- Opening Delimiter -
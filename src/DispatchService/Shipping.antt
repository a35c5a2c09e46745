-- ===== src/DispatchService/Shipping.antt =====
-- What the transaction of a dispatch keeps, and that a dispatch is all or nothing.
use abyte_tex.Base.{ℕ, ◌≡◌, refl, Option, none, some, List, truthy, arith}
use abyte_tex.Http.{Error, err, conflict}
use abyte_tex.Context.{TenantRequestContext}
use abyte_tex.Schema
use abyte_tex.Schema.{Dispatch, SalesOrderItem, IdempotencyScope}
use abyte_tex.Database.{
  Prisma, Db, pure, transaction, check, or_throw, log, Action, ◌>>=◌, ◌>>◌, for_each,
}
use abyte_tex.Database.Laws.{Ensures-bind, Ensures-for_each, for_each_reads}
use abyte_tex.Database.Effects.{
  IsReading, IsAtomic, IsTotal, IsReading-bind, IsAtomic-bind, IsAtomic-then, IsAtomic-transaction,
  IsReading-Ensures, Ensures-IsAtomic,
}
use abyte_tex.Idempotency.{check_key, record_key}
use abyte_tex.Quality.{assert_batch_shippable}
use abyte_tex.Inventory.{record_movement_in}
use abyte_tex.Inventory.Recording.{
  IsSound, IsSound-same, IsSound-untouched, record_movement_in-IsSound,
}
use abyte_tex.DispatchService.Keeping.{
  Leads, check_key-IsReading, get_by_id-IsReading, resume, ship-Leads, create_dispatch-Leads,
}
use abyte_tex.DispatchService.{
  CreateDispatchDto, DispatchItemDto, issue_input, get_by_id, issue_item, roll_forward, ship,
  open_item, open_dispatch, record_delivery, check_dispatch, create_dispatch, dispatch_anew,
  check_batch, check_remaining, check_items,
}

-- An action that keeps the inventory sound if it returns.
abbrev Keeps : {A : Type 0} → Action A → Type 0
Keeps = Leads IsSound IsSound

module _ ⦃P : Prisma⦄ (ctx : TenantRequestContext) where
  record_delivery-Keeps : (item : DispatchItemDto) → Keeps (record_delivery ctx item)
  unfolding record_delivery
  record_delivery-Keeps item db h =
      IsSound-untouched db (record_delivery ctx item db) (ground arith) (ground arith) h

  roll_forward-Keeps : (id : ℕ) → Keeps (roll_forward ctx id)
  unfolding roll_forward
  roll_forward-Keeps id db h =
      IsSound-untouched db (roll_forward ctx id db) (ground arith) (ground arith) h

  open_item-Keeps : (id : ℕ) (item : DispatchItemDto) → Keeps (open_item ctx id item)
  unfolding open_item
  open_item-Keeps id item db h =
      IsSound-untouched db (open_item ctx id item db) (ground arith) (ground arith) h

  open_dispatch-Keeps : (dto : CreateDispatchDto) → Keeps (open_dispatch ctx dto)
  unfolding open_dispatch
  open_dispatch-Keeps dto db h =
      IsSound-untouched db (open_dispatch ctx dto db) (ground arith) (ground arith) h

  issue_item-Keeps :
      (dto : CreateDispatchDto) (user_id i : ℕ) (item : DispatchItemDto)
      → Keeps (issue_item ctx dto user_id i item)
  unfolding issue_item
  issue_item-Keeps dto user_id i item db h =
      Ensures-bind (λ _ d. IsSound d) (record_movement_in ctx user_id (issue_input dto item i))
        (λ _. record_delivery ctx item) db
        (record_movement_in-IsSound ctx user_id (issue_input dto item i) db h)
        (λ _ d k. record_delivery-Keeps item d k)

  pub check_batch-IsReading : (item : DispatchItemDto) → IsReading (check_batch ctx item)
  unfolding check_batch assert_batch_shippable
  check_batch-IsReading item db = ground arith

  check_items-IsReading :
      (dtos : List DispatchItemDto) (items : List SalesOrderItem)
      → IsReading (check_items ctx dtos items)
  unfolding check_items
  check_items-IsReading dtos items =
      IsReading-bind (for_each dtos (λ item. check (check_remaining items item)))
        (λ _. for_each dtos (check_batch ctx))
        (λ d. for_each_reads dtos (λ item. check (check_remaining items item)) d (λ _. refl))
        (λ _ d. for_each_reads dtos (check_batch ctx) d (λ x. check_batch-IsReading x d))

  pub check_dispatch-IsReading : (dto : CreateDispatchDto) → IsReading (check_dispatch ctx dto)
  unfolding check_dispatch
  check_dispatch-IsReading dto db = grind (arith, check_items-IsReading)

  record_key-IsTotal :
      (s : IdempotencyScope) (key : Option ℕ) (i : ℕ) → IsTotal (record_key ctx s key i)
  unfolding record_key
  record_key-IsTotal s key i db = ground arith

  record_key-Keeps :
      (s : IdempotencyScope) (key : Option ℕ) (i : ℕ) → Keeps (λ d. record_key ctx s key i d)
  unfolding record_key
  record_key-Keeps s key i db h =
      IsSound-untouched db (record_key ctx s key i db) (ground arith) (ground arith) h

  finish-IsTotal :
      (dto : CreateDispatchDto) (c : Dispatch)
      → IsTotal (
          log ctx Schema.AuditAction.create Schema.EntityType.dispatch c.id
          >> (record_key ctx Schema.dispatch_create dto.idempotency_key c.id >> pure c))
  unfolding record_key
  finish-IsTotal dto c db = ground arith

  dispatch_anew-IsAtomic :
      (dto : CreateDispatchDto) (user_id : ℕ) → IsAtomic (dispatch_anew ctx dto user_id)
  unfolding dispatch_anew
  dispatch_anew-IsAtomic dto user_id =
      let finish = λ (c : Dispatch).
        log ctx Schema.AuditAction.create Schema.EntityType.dispatch c.id
        >> (record_key ctx Schema.dispatch_create dto.idempotency_key c.id >> pure c) in
      IsAtomic-bind (check_dispatch ctx dto) (λ _. transaction (ship ctx dto user_id) >>= finish)
        (check_dispatch-IsReading dto)
        (λ _.
          IsAtomic-then (transaction (ship ctx dto user_id)) finish
            (IsAtomic-transaction (ship ctx dto user_id)) (finish-IsTotal dto))

  resume-IsAtomic :
      (dto : CreateDispatchDto) (user_id : ℕ) (k : Option ℕ) → IsAtomic (resume ctx dto user_id k)
  resume-IsAtomic dto user_id k db x = go (truthy k)
    where
      resumed : Option ℕ → Action Dispatch
      resumed o = elim o [ some id ↦ get_by_id ctx id | none ↦ dispatch_anew ctx dto user_id ]

      go : (o : Option ℕ) → (resumed o db).0 ≡ err x → (resumed o db).1 ≡ db
      go none = dispatch_anew-IsAtomic dto user_id db x
      go (some i) = λ _. get_by_id-IsReading ctx i db

  -- A dispatch that throws leaves the database as it was.
  pub create_dispatch_atomic :
      (dto : CreateDispatchDto) (user_id : ℕ) (db : Db) (x : Error)
      → (create_dispatch ctx dto user_id db).0 ≡ err x
      → (create_dispatch ctx dto user_id db).1 ≡ db
  unfolding create_dispatch
  create_dispatch_atomic dto user_id =
      IsAtomic-bind (or_throw (truthy ctx.tenant_id) conflict)
        (λ _. check_key ctx Schema.dispatch_create dto.idempotency_key >>= resume ctx dto user_id)
        (λ d. ground arith)
        (λ _.
          IsAtomic-bind (check_key ctx Schema.dispatch_create dto.idempotency_key)
            (resume ctx dto user_id)
            (check_key-IsReading ctx Schema.dispatch_create dto.idempotency_key)
            (resume-IsAtomic dto user_id))

  create_dispatch-Keeps :
      (dto : CreateDispatchDto) (user_id : ℕ) → Keeps (create_dispatch ctx dto user_id)
  create_dispatch-Keeps dto user_id =
      create_dispatch-Leads ctx dto user_id IsSound IsSound (λ _ h. h)
        (λ db h.
          IsReading-Ensures IsSound (check_dispatch ctx dto) db (check_dispatch-IsReading dto) h)
        (ship-Leads ctx dto user_id IsSound (open_dispatch-Keeps dto)
          (λ i db h. Ensures-for_each IsSound dto.items (open_item ctx i) db (open_item-Keeps i) h)
          (λ i db h.
            Ensures-for_each IsSound dto.items (issue_item ctx dto user_id i) db
              (issue_item-Keeps dto user_id i) h)
          (roll_forward-Keeps dto.sales_order_id))
        (λ c db h.
          IsSound-same db (log ctx Schema.AuditAction.create Schema.EntityType.dispatch c.id db).1
            refl refl h)
        (λ c. record_key-Keeps Schema.dispatch_create dto.idempotency_key c.id)

  -- A dispatch that no other transaction interferes with, whether it is made or refused, keeps the
  -- inventory sound, whatever its items and however many draw on one row.
  pub create_dispatch-IsSound :
      (dto : CreateDispatchDto) (user_id : ℕ) (db : Db)
      → IsSound db
      → IsSound (create_dispatch ctx dto user_id db).1
  create_dispatch-IsSound dto user_id db h =
      Ensures-IsAtomic IsSound (create_dispatch ctx dto user_id) db
        (create_dispatch-Keeps dto user_id db h) (create_dispatch_atomic dto user_id) h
- Closing Delimiter -
▶ Exercise requirements
Retype only the stretch of lines above starting at the one with "issue_item-Keeps dto user_id i item" and stopping at the one with "(λ _ d k. record_delivery-Keeps", exactly as written, with both kept.

▶ Your solution
  issue_item-Keeps dto user_id i item db h =
      Ensures-bind (λ _ d. IsSound d) (record_movement_in ctx user_id (issue_input dto item i))
        (λ _. record_delivery ctx item) db
        (record_movement_in-IsSound ctx user_id (issue_input dto item i) db h)
        (λ _ d k. record_delivery-Keeps item d k)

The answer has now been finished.